468

“For they sow the wind, and they shall reap the whirlwind.” (Hosea 8:7)

“Sowing the wind and reaping the whirlwind,” is a Bible verse from the Book of Hosea, a prophet of Israel. He was warning the people of a coming judgment for foolish behavior. The phrase is a farming illustration.  A farmer sows a seed of corn and reaps an ear of corn, an example of the way one’s actions are amplified in time. Unfortunately, past foolishness can yield a storm of consequences, a lesson we have learned repeatedly in healthcare policy.

WPS, a Medicare Administrative Contractor, has issued a Local Coverage Determination (LCD) which limits the wound types for which a debridement can be billed and the list does not include Diabetic foot ulcers (DFUs). In making this change, WPS cited published studies which failed to show that debridement was clinically useful. Although WPS said they would reconsider if provided scientific evidence, the fact is, this WPS policy is the first stirring of the whirlwind.

In 2007, twelve years ago, the Office of the Inspector General (OIG) published a review of surgical debridement services from 2004. The OIG had seen a dramatic increase in the number of Medicare claims submitted for the surgical debridement of wounds under CPT codes 11040 – 11044. The OIG determined that in 2004, Medicare paid out $188 million for surgical debridement services of which (per their review) 64% did not meet Medicare program requirements. According to the review,  47% of were not actually surgical debridements and 29% did not have enough documentation to support the billed level of service. The OIG warned that they also saw evidence of inappropriate patterns in debridement. For example, one patient had 43 debridements involving muscle within a 9-month period (that’s a muscle debridement every 6.3 days).

The OIG recommended that CMS “strengthen program safeguards” around debridement services. They recommended that CMS instruct MACs to conduct additional medical reviews of surgical debridement services and that CMS either develop a National Coverage Determination for debridement or instruct carriers to develop debridement LCDs. Although the OIG report on debridement is more than a decade old, you can be pretty sure that we reaped the WPS LCD from seeds that were sown a long time ago, identified in the report.

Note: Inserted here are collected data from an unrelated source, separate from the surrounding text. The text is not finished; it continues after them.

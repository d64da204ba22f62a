-- ===== src/Server/NotificationManager/Stored.antt =====
-- The followers that are offline: each gets one pending notification, for one stored message.
use inf.Server.Connections
use inf.Server.Persistence
use inf.Base.{
  All, List, Str, [], ap, arith, contains, eq_str, eq_ℕ, if◌then◌else◌, length, nat_eq, not, null,
  refl, some, ℕ, ◌&&◌, ◌++◌, ◌+◌, ◌<◌, ◌∙◌, ◌∷◌, ◌≡◌, ◌≤◌,
}
use inf.Server.Connections.{UserConnectionManager, eq_address}
use inf.Server.Notification.{PendingNotification}
use inf.Server.NotificationManager.{NotificationManager, add_pending_to_all, store_notification}
use inf.Server.NotificationManager.Counts.{stored_content}
use inf.Server.NotificationManager.Fan.{offline_followers}
use inf.Server.Persistence.{UserPersistence}
use inf.Server.Persistence.Invariant.{All-mono, Distinct, IsUser}
use inf.Server.Persistence.Pending.{
  SameUsers-exists, add_pending_notification-SameUsers, waiting, waiting-add,
}
use inf.Shared.Ids.{increment, word_values}

pub offline-users :
    (p : UserPersistence) (c : UserConnectionManager) (fs : List ℕ)
    → All (IsUser p) fs
    → All (IsUser p) (offline_followers c fs)
unfolding offline_followers
offline-users p c [] h = tt
offline-users p c (f ∷ fs) h = ground (arith, offline-users p c fs h.1)

pub contains-offline :
    (c : UserConnectionManager) (w : ℕ) (fs : List ℕ)
    → contains w (offline_followers c fs) ≡ (contains w fs && not (Connections.user_id_exists c w))
unfolding offline_followers contains
contains-offline c w [] = refl
contains-offline c w (f ∷ fs) =
    ground (arith, contains-offline c w fs, ap (Connections.user_id_exists c))

pub offline-Distinct :
    (c : UserConnectionManager) (fs : List ℕ) → Distinct fs → Distinct (offline_followers c fs)
unfolding offline_followers
offline-Distinct c [] d = tt
offline-Distinct c (f ∷ fs) d = ground (arith, offline-Distinct c fs d.1, contains-offline c f fs)

pub length-offline :
    (c : UserConnectionManager) (fs : List ℕ) → length (offline_followers c fs) ≤ length fs
unfolding offline_followers
length-offline c [] = omega arith
length-offline c (f ∷ fs) = ground (arith, length-offline c fs)

-- Each user of the list gets the notification at the end of its own.
pub waiting-add_pending_to_all :
    (p : UserPersistence) (users : List ℕ) (x : PendingNotification) (w : ℕ)
    → All (IsUser p) users
    → Distinct users
    → waiting (add_pending_to_all p users x) w
      ≡ (if contains w users then waiting p w ++ x ∷ [] else waiting p w)
unfolding add_pending_to_all contains
waiting-add_pending_to_all p [] x w h d = refl
waiting-add_pending_to_all p (u ∷ users) x w h d =
    let q : UserPersistence = Persistence.add_pending_notification p u x in
    ground (
      arith,
      waiting-add_pending_to_all q users x w
          (All-mono users
            (λ v k. SameUsers-exists p q (add_pending_notification-SameUsers p u x) v ∙ k) h.1)
          d.1,
      waiting-add p u w x,
      h.0,
      d.0,
      ap (λ (v : ℕ). contains v users),
    )

module _ (p : UserPersistence) (n : NotificationManager) (author timestamp : ℕ)
    (message : Str) where
  -- After a message is stored for the users of a list, each of them has one reference more, to the
  -- message under the next id; other users' lists and other stored messages are as they were.
  pub store_notification_lem :
      (users : List ℕ) (w id : ℕ)
      → All (IsUser p) users
      → Distinct users
      → (waiting (store_notification p n author timestamp message users).0 w ≡ (
          if contains w users
          then waiting p w
            ++ record { user_id = author; notification_id = increment n.notification_id } ∷ []
          else waiting p w))
        × (stored_content (store_notification p n author timestamp message users).1 id ≡ (
            if not (null users) && nat_eq (increment n.notification_id) id
            then some (message, timestamp)
            else stored_content n id))
  unfolding store_notification contains
  store_notification_lem [] w id h d = (refl, refl)
  store_notification_lem (u ∷ users) w id h d =
      (waiting-add_pending_to_all p (u ∷ users) _ w h d, ground arith)

  pub store_notification-id :
      (users : List ℕ)
      → n.notification_id + 1 < word_values
      → (store_notification p n author timestamp message users).1.notification_id
        ≤ n.notification_id + 1
  unfolding store_notification
  store_notification-id [] room = omega arith
  store_notification-id (u ∷ users) room = omega arith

We tried to warn people. In 2008, only a few months after the OIG document was published, the late Dr. Robert Warriner and I put together a presentation on debridement billing compliance. The U.S. Wound Registry (USWR), then only 3 years old, analyzed data on 20,302 patients with wounds. Skin and subcutaneous tissue was the most common level of debridement and accounted for 42% of all debridement services. Regardless of the depth of tissue debrided, the procedures were usually billed about 7 days apart. Dr. Warriner looked at his data on DFUs by Wagner grade  (n= 5,427) and found that full thickness debridement was documented on 6 “grade 0” DFUs (no wound) and 20 partial thickness ulcers. He also found that among wounds with 76-100% granulation (n =4,994), 2.4 % of the debridements were billed at the level of skin and subcutaneous tissue and there were 5 done at the level of bone. This doesn’t mean that charges were fraudulent or that the debridement services were unnecessary, but it does mean the chart would probably not survive an audit.

At any rate, a decade ago, everyone was warned about the risks of using weekly subcutaneous debridement as the way to financial success in wound care. No one disputes that wounds need to be cleaned of necrotic debris and biofilm, but that’s not a subcutaneous debridement. It can be true that debridement is a vital part of wound care and also true that wound debridement as it is usually billed, is not.

We are reaping what was sown a decade ago. Get ready  – there’s a big storm coming.